__Work to complete__
Copy each of the records exactly.
▬▬▬▬▬▬
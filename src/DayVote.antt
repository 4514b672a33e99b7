-- ===== src/DayVote.antt =====
-- src/padrino/core/engine/resolvers/day_vote.py: the day vote. `submissions` is a dictionary from
-- player ids to actions; invalid ballots count as abstentions.
pub mod Collect
pub mod Outcome
use padrino.Base.{
  ℕ, ◌+◌, ◌/◌, Bool, true, false, ◌&&◌, ◌||◌, not, Option, none, some, List, [], ◌∷◌, map, String,
  ◌==◌, filter, mem, get, put, bump, max_value, keys_at, Dict, if◌then◌else◌, string_eq,
}
use padrino.Game.{Role, role_eq, ActionType, action_type_eq, Seat, GameState, Action}

abbrev pub reason_unique_plurality : String
reason_unique_plurality = "unique_plurality"

abbrev pub reason_tie : String
reason_tie = "tie"

abbrev reason_all_abstain : String
reason_all_abstain = "all_abstain"

pub record DayVoteResult : Type 0 where
  pub eliminated : Option String
  pub vote_tally : Dict String ℕ
  pub reason : String
  pub voter_weights : Dict String ℕ
  pub total_vote_weight : ℕ
  pub hammer_threshold : ℕ

unfoldable pub vote_weight_for : Seat → ℕ
vote_weight_for seat = if seat.role == Role.mayor then 2 else 1

-- `sum(vote_weight_for(seat) for seat in seats if seat.alive)`
unfoldable pub living_weight : List Seat → ℕ
living_weight [] = 0
living_weight (seat ∷ seats) =
    (if seat.alive then vote_weight_for seat else 0) + living_weight seats

unfoldable pub total_vote_weight : GameState → ℕ
unfolding living_weight
total_vote_weight state = living_weight state.seats

unfoldable pub hammer_threshold_for : GameState → ℕ
hammer_threshold_for state = total_vote_weight state / 2 + 1

-- The set `living_ids`.
unfoldable pub living_ids : List Seat → List String
living_ids seats = map (λ s. s.public_player_id) (filter (λ s. s.alive) seats)

-- The test on an action's target: none, the voter itself, or nobody living.
unfoldable pub ballot_target : List String → Seat → Option String → Option String
ballot_target living seat none = none
ballot_target living seat (some target) =
    if target == seat.public_player_id || not (mem target living) then none else some target

unfoldable pub ballot_action : List String → Seat → Option Action → Option String
unfolding ballot_target
ballot_action living seat none = none
ballot_action living seat (some action) =
    if action.type == ActionType.vote then ballot_target living seat action.target else none

-- Whom a seat votes for, where the loop of `resolve_day_vote` does not `continue`.
unfoldable pub ballot_of : List String → Dict String Action → Seat → Option String
unfolding ballot_action
ballot_of living submissions seat =
    if seat.alive then ballot_action living seat (get seat.public_player_id submissions) else none

-- The two dictionaries that the loop fills.
pub record Ballots : Type 0 where
  pub tally : Dict String ℕ
  pub voter_weights : Dict String ℕ

unfoldable pub cast : Seat → Option String → Ballots → Ballots
cast seat none b = b
cast seat (some target) b = record {
  tally = bump target (vote_weight_for seat) b.tally;
  voter_weights = put seat.public_player_id (vote_weight_for seat) b.voter_weights;
}

unfoldable pub collect : List String → Dict String Action → List Seat → Ballots → Ballots
unfolding cast
collect living submissions [] b = b
collect living submissions (seat ∷ seats) b =
    collect living submissions seats (cast seat (ballot_of living submissions seat) b)

unfoldable pub ballots : GameState → Dict String Action → Ballots
unfolding collect
ballots state submissions =
    collect (living_ids state.seats) submissions state.seats
      (record { tally = []; voter_weights = [] })

-- What the keys with the most votes make of the vote: `len(winners) == 1` or not.
unfoldable pub decide_winners : List String → Ballots → (total threshold : ℕ) → DayVoteResult
decide_winners (winner ∷ []) b total threshold = record {
  eliminated = some winner;
  vote_tally = b.tally;
  reason = reason_unique_plurality;
  voter_weights = b.voter_weights;
  total_vote_weight = total;
  hammer_threshold = threshold;
}
decide_winners _ b total threshold = record {
  eliminated = none;
  vote_tally = b.tally;
  reason = reason_tie;
  voter_weights = b.voter_weights;
  total_vote_weight = total;
  hammer_threshold = threshold;
}

unfoldable pub decide_tally : Dict String ℕ → Ballots → (total threshold : ℕ) → DayVoteResult
unfolding decide_winners
decide_tally [] b total threshold = record {
  eliminated = none;
  vote_tally = [];
  reason = reason_all_abstain;
  voter_weights = [];
  total_vote_weight = total;
  hammer_threshold = threshold;
}
decide_tally (entry ∷ entries) b total threshold =
    let tally = entry ∷ entries in
    decide_winners (keys_at (max_value tally) tally) b total threshold

unfoldable pub resolve_day_vote : GameState → Dict String Action → DayVoteResult
unfolding decide_tally
resolve_day_vote state submissions =
    let b = ballots state submissions in
    decide_tally b.tally b (total_vote_weight state) (total_vote_weight state / 2 + 1)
▬▬▬▬▬▬
__Result of the task__
filename src/DayVote.antt
repository 4514b672a33e99b7
-- ===== src/DayVote.antt =====
-- src/padrino/core/engine/resolvers/day_vote.py: the day vote. `submissions` is a dictionary from
-- player ids to actions; invalid ballots count as abstentions.
pub mod Collect
pub mod Outcome
use padrino.Base.{
  ℕ, ◌+◌, ◌/◌, Bool, true, false, ◌&&◌, ◌||◌, not, Option, none, some, List, [], ◌∷◌, map, String,
  ◌==◌, filter, mem, get, put, bump, max_value, keys_at, Dict, if◌then◌else◌, string_eq,
}
use padrino.Game.{Role, role_eq, ActionType, action_type_eq, Seat, GameState, Action}

abbrev pub reason_unique_plurality : String
reason_unique_plurality = "unique_plurality"

abbrev pub reason_tie : String
reason_tie = "tie"

abbrev reason_all_abstain : String
reason_all_abstain = "all_abstain"

pub record DayVoteResult : Type 0 where
  pub eliminated : Option String
  pub vote_tally : Dict String ℕ
  pub reason : String
  pub voter_weights : Dict String ℕ
  pub total_vote_weight : ℕ
  pub hammer_threshold : ℕ

unfoldable pub vote_weight_for : Seat → ℕ
vote_weight_for seat = if seat.role == Role.mayor then 2 else 1

-- `sum(vote_weight_for(seat) for seat in seats if seat.alive)`
unfoldable pub living_weight : List Seat → ℕ
living_weight [] = 0
living_weight (seat ∷ seats) =
    (if seat.alive then vote_weight_for seat else 0) + living_weight seats

unfoldable pub total_vote_weight : GameState → ℕ
unfolding living_weight
total_vote_weight state = living_weight state.seats

unfoldable pub hammer_threshold_for : GameState → ℕ
hammer_threshold_for state = total_vote_weight state / 2 + 1

-- The set `living_ids`.
unfoldable pub living_ids : List Seat → List String
living_ids seats = map (λ s. s.public_player_id) (filter (λ s. s.alive) seats)

-- The test on an action's target: none, the voter itself, or nobody living.
unfoldable pub ballot_target : List String → Seat → Option String → Option String
ballot_target living seat none = none
ballot_target living seat (some target) =
    if target == seat.public_player_id || not (mem target living) then none else some target

unfoldable pub ballot_action : List String → Seat → Option Action → Option String
unfolding ballot_target
ballot_action living seat none = none
ballot_action living seat (some action) =
    if action.type == ActionType.vote then ballot_target living seat action.target else none

-- Whom a seat votes for, where the loop of `resolve_day_vote` does not `continue`.
unfoldable pub ballot_of : List String → Dict String Action → Seat → Option String
unfolding ballot_action
ballot_of living submissions seat =
    if seat.alive then ballot_action living seat (get seat.public_player_id submissions) else none

-- The two dictionaries that the loop fills.
pub record Ballots : Type 0 where
  pub tally : Dict String ℕ
  pub voter_weights : Dict String ℕ

unfoldable pub cast : Seat → Option String → Ballots → Ballots
cast seat none b = b
cast seat (some target) b = record {
  tally = bump target (vote_weight_for seat) b.tally;
  voter_weights = put seat.public_player_id (vote_weight_for seat) b.voter_weights;
}

unfoldable pub collect : List String → Dict String Action → List Seat → Ballots → Ballots
unfolding cast
collect living submissions [] b = b
collect living submissions (seat ∷ seats) b =
    collect living submissions seats (cast seat (ballot_of living submissions seat) b)

unfoldable pub ballots : GameState → Dict String Action → Ballots
unfolding collect
ballots state submissions =
    collect (living_ids state.seats) submissions state.seats
      (record { tally = []; voter_weights = [] })

-- What the keys with the most votes make of the vote: `len(winners) == 1` or not.
unfoldable pub decide_winners : List String → Ballots → (total threshold : ℕ) → DayVoteResult
decide_winners (winner ∷ []) b total threshold = record {
  eliminated = some winner;
  vote_tally = b.tally;
  reason = reason_unique_plurality;
  voter_weights = b.voter_weights;
  total_vote_weight = total;
  hammer_threshold = threshold;
}
decide_winners _ b total threshold = record {
  eliminated = none;
  vote_tally = b.tally;
  reason = reason_tie;
  voter_weights = b.voter_weights;
  total_vote_weight = total;
  hammer_threshold = threshold;
}

unfoldable pub decide_tally : Dict String ℕ → Ballots → (total threshold : ℕ) → DayVoteResult
unfolding decide_winners
decide_tally [] b total threshold = record {
  eliminated = none;
  vote_tally = [];
  reason = reason_all_abstain;
  voter_weights = [];
  total_vote_weight = total;
  hammer_threshold = threshold;
}
decide_tally (entry ∷ entries) b total threshold =
    let tally = entry ∷ entries in
    decide_winners (keys_at (max_value tally) tally) b total threshold

unfoldable pub resolve_day_vote : GameState → Dict String Action → DayVoteResult
unfolding decide_tally
resolve_day_vote state submissions =
    let b = ballots state submissions in
    decide_tally b.tally b (total_vote_weight state) (total_vote_weight state / 2 + 1)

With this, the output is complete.